### EXERCISE GOAL
In the entries below, every line that contains "module" must be located and copied.
[[ DATA, beginning ]]
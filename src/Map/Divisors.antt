-- ===== src/Map/Divisors.antt =====
-- common/map.c: divisors, and the first loop of `_divisors`.
use native.Mathlib.Nat.{mod-add-div', div-eq_of_eq-mul_left, mul-mod_left}
use native.Mathlib.Decide.{ℕ_discrete, dec_le, dec_lt}
use cfio.Prelude.{
  ℕ, zero, suc, ◌+◌, ◌-◌, ◌*◌, ◌/◌, ◌%◌, ◌<◌, ◌≤◌, ◌≡◌, ◌≢◌, refl, sym, ◌∙◌, ap, List, [], ◌∷◌,
  ◌++◌, length, get_or, arith,
}
use cfio.Map.{mirrored}
use cfio.Map.Exact.{small_divisors}

-- The list's `k`-th entry, as the code indexes its array.
abbrev pub nth : List ℕ → ℕ → ℕ
nth xs k = get_or xs k 0

pub record IsFactors (n : ℕ) (xs : List ℕ) : Type 0 where
  pub divides : (k : ℕ) → k < length xs → (0 < nth xs k) × (n % nth xs k ≡ 0)
  pub complete : (d : ℕ) → 0 < d → n % d ≡ 0 → (k : ℕ) × (k < length xs) × (nth xs k ≡ d)
  pub ascending : (j k : ℕ) → j < k → k < length xs → nth xs j < nth xs k

pub nth-append_left : (xs ys : List ℕ) (k : ℕ) → k < length xs → nth (xs ++ ys) k ≡ nth xs k
nth-append_left [] ys k h = absurd (omega arith)
nth-append_left (x ∷ xs) ys zero h = refl
nth-append_left (x ∷ xs) ys (suc k) h = nth-append_left xs ys k (omega arith)

pub nth-append_right : (xs ys : List ℕ) (k : ℕ) → nth (xs ++ ys) (length xs + k) ≡ nth ys k
nth-append_right [] ys k = ap (nth ys) (omega arith)
nth-append_right (x ∷ xs) ys k =
    ap (nth (x ∷ (xs ++ ys))) (let e : suc (length xs) + k ≡ suc (length xs + k) = omega arith in e)
    ∙ nth-append_right xs ys k

pub length-mirrored : (m : ℕ) (xs : List ℕ) (n : ℕ) → length (mirrored m xs n) ≡ m
unfolding mirrored
length-mirrored zero xs n = refl
length-mirrored (suc m) xs n = ap suc (length-mirrored m xs n)

pub nth-mirrored :
    (m : ℕ) (xs : List ℕ) (n k : ℕ) → k < m → nth (mirrored m xs n) k ≡ n / nth xs (m - 1 - k)
unfolding mirrored
nth-mirrored zero xs n k h = absurd (omega arith)
nth-mirrored (suc m) xs n zero h = ap (λ j. n / nth xs j) (omega arith)
nth-mirrored (suc m) xs n (suc k) h =
    nth-mirrored m xs n k (omega arith) ∙ ap (λ j. n / nth xs j) (omega arith)

-- What the first loop finds from `i` on.
pub record IsSmall (i n : ℕ) (xs : List ℕ) : Type 0 where
  pub sound :
      (k : ℕ) → k < length xs → (i ≤ nth xs k) × (nth xs k * nth xs k ≤ n) × (n % nth xs k ≡ 0)
  pub ascending : (j k : ℕ) → j < k → k < length xs → nth xs j < nth xs k

IsSmall-nil : (i n : ℕ) → IsSmall i n []
IsSmall-nil i n = record {
  sound = λ k h. absurd (omega arith);
  ascending = λ j k h l. absurd (omega arith);
}

IsSmall-weaken : (i n : ℕ) (xs : List ℕ) → IsSmall (i + 1) n xs → IsSmall i n xs
IsSmall-weaken i n xs s = record {
  sound = λ k h. let (lo, sq, div) = s.sound k h in (omega arith, sq, div);
  ascending = s.ascending;
}

module _ (i n : ℕ) (xs : List ℕ) (s : IsSmall (i + 1) n xs) (sq : i * i ≤ n) (div : n % i ≡ 0) where
  cons_sound :
      (k : ℕ)
      → k < length (i ∷ xs)
      → (i ≤ nth (i ∷ xs) k) × (nth (i ∷ xs) k * nth (i ∷ xs) k ≤ n) × (n % nth (i ∷ xs) k ≡ 0)
  cons_sound zero h = (omega arith, sq, div)
  cons_sound (suc k) h = (IsSmall-weaken i n xs s).sound k (omega arith)

  cons_ascending : (j k : ℕ) → j < k → k < length (i ∷ xs) → nth (i ∷ xs) j < nth (i ∷ xs) k
  cons_ascending j zero h l = absurd (omega arith)
  cons_ascending zero (suc k) h l = let (lo, _, _) = s.sound k (omega arith) in omega arith
  cons_ascending (suc j) (suc k) h l = s.ascending j k (omega arith) (omega arith)

  IsSmall-cons : IsSmall i n (i ∷ xs)
  IsSmall-cons = record { sound = cons_sound; ascending = cons_ascending }

module _ (fuel i n : ℕ) where
  step_hit :
      i * i ≤ n → n % i ≡ 0 → small_divisors (suc fuel) i n ≡ i ∷ small_divisors fuel (i + 1) n
  unfolding small_divisors
  step_hit h e = ground arith

  step_miss : i * i ≤ n → n % i ≢ 0 → small_divisors (suc fuel) i n ≡ small_divisors fuel (i + 1) n
  unfolding small_divisors
  step_miss h e = ground arith

  step_stop : n < i * i → small_divisors (suc fuel) i n ≡ []
  unfolding small_divisors
  step_stop h = ground arith

pub small_divisors-IsSmall : (fuel i n : ℕ) → IsSmall i n (small_divisors fuel i n)
small_divisors-IsSmall zero i n = unfold small_divisors in IsSmall-nil i n
small_divisors-IsSmall (suc fuel) i n = elim (dec_le (i * i) n) [
  | no far ↦ rw (step_stop fuel i n (omega arith)) (IsSmall-nil i n)
  | yes near ↦ elim (ℕ_discrete (n % i) 0) [
    | yes hit ↦ rw (step_hit fuel i n near hit) (
        IsSmall-cons i n (small_divisors fuel (i + 1) n) (small_divisors-IsSmall fuel (i + 1) n)
          near hit)
    | no miss ↦
        rw (step_miss fuel i n near miss) (
          IsSmall-weaken i n (small_divisors fuel (i + 1) n)
            (small_divisors-IsSmall fuel (i + 1) n))
  ]
]

pub small_divisors_complete :
    (fuel i n d : ℕ)
    → i ≤ d
    → d < i + fuel
    → d * d ≤ n
    → n % d ≡ 0
    → (k : ℕ) × (k < length (small_divisors fuel i n)) × (nth (small_divisors fuel i n) k ≡ d)
small_divisors_complete zero i n d lo hi sq div = absurd (omega arith)
small_divisors_complete (suc fuel) i n d lo hi sq div =
    let near : i * i ≤ n = grind arith in
    elim (ℕ_discrete (n % i) 0) [
      | no miss ↦
          let ne : i ≢ d = λ e. miss (ap (λ j. n % j) e ∙ div) in
          rw (step_miss fuel i n near miss)
            (small_divisors_complete fuel (i + 1) n d (omega arith) (omega arith) sq div)
      | yes hit ↦ elim (ℕ_discrete i d) [
        | yes same ↦ rw (step_hit fuel i n near hit) (0, omega arith, same)
        | no ne ↦
            let (k, l, e) =
              small_divisors_complete fuel (i + 1) n d (omega arith) (omega arith) sq div in
            let r = step_hit fuel i n near hit in
            (suc k, omega (arith, ap length r), ap (λ xs. nth xs (suc k)) r ∙ e)
      ]
    ]

-- Arithmetic of complementary divisors.
pub cofactor : (n a : ℕ) → n % a ≡ 0 → a * (n / a) ≡ n
cofactor n a h = omega (arith, mod-add-div' n a)

pub mod_cofactor : (n a : ℕ) → n % a ≡ 0 → n % (n / a) ≡ 0
mod_cofactor n a h = ap (λ k. k % (n / a)) (sym (cofactor n a h)) ∙ mul-mod_left a (n / a)

pub cofactor_pos : (n a : ℕ) → 0 < n → n % a ≡ 0 → 0 < n / a
cofactor_pos n a pos h = elim (dec_lt 0 (n / a)) [
  | yes p ↦ p
  | no z ↦
      let e : n / a ≡ 0 = omega arith in absurd (omega (arith, cofactor n a h, ap (λ q. a * q) e))
]

pub cofactor_anti : (n a b : ℕ) → 0 < n → n % a ≡ 0 → n % b ≡ 0 → b < a → n / a < n / b
cofactor_anti n a b pos ha hb lt =
    let pa = cofactor n a ha in
    let pb = cofactor n b hb in let q = cofactor_pos n a pos ha in grind arith

pub cofactor_cross : (n a b : ℕ) → n % b ≡ 0 → a * b < n → a < n / b
cofactor_cross n a b hb lt = let pb = cofactor n b hb in grind arith

pub cofactor_cofactor : (n a : ℕ) → 0 < n → n % a ≡ 0 → n / (n / a) ≡ a
cofactor_cofactor n a pos h = div-eq_of_eq-mul_left (cofactor_pos n a pos h) (sym (cofactor n a h))

pub mul_le : (a b l : ℕ) → a ≤ l → b ≤ l → a * b ≤ l * l
mul_le a b l h k = grind arith

pub mul_lt : (a b l : ℕ) → a ≤ l → b < l → a * b < l * l
mul_lt a b l h k = grind arith

mul_lt_right : (a b c : ℕ) → a < b → 0 < c → a * c < b * c
mul_lt_right a b c h k = grind arith

pub mul_le_left : (a b c : ℕ) → b ≤ c → a * b ≤ a * c
mul_le_left a b c h = grind arith

pub square_below : (n d e : ℕ) → d * e ≡ n → n < d * d → 0 < e → e * e < n
square_below n d e h k p = elim (dec_lt e d) [
  | yes lt ↦ omega (arith, mul_lt_right e d e lt p)
  | no ge ↦ absurd (omega (arith, mul_le_left d d e (omega arith)))
]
[[ DATA, end ]]
### FINISHED EXERCISE
module _ (i n : ℕ) (xs : List ℕ) (s : IsSmall (i + 1) n xs) (sq : i * i ≤ n) (div : n % i ≡ 0) where
module _ (fuel i n : ℕ) where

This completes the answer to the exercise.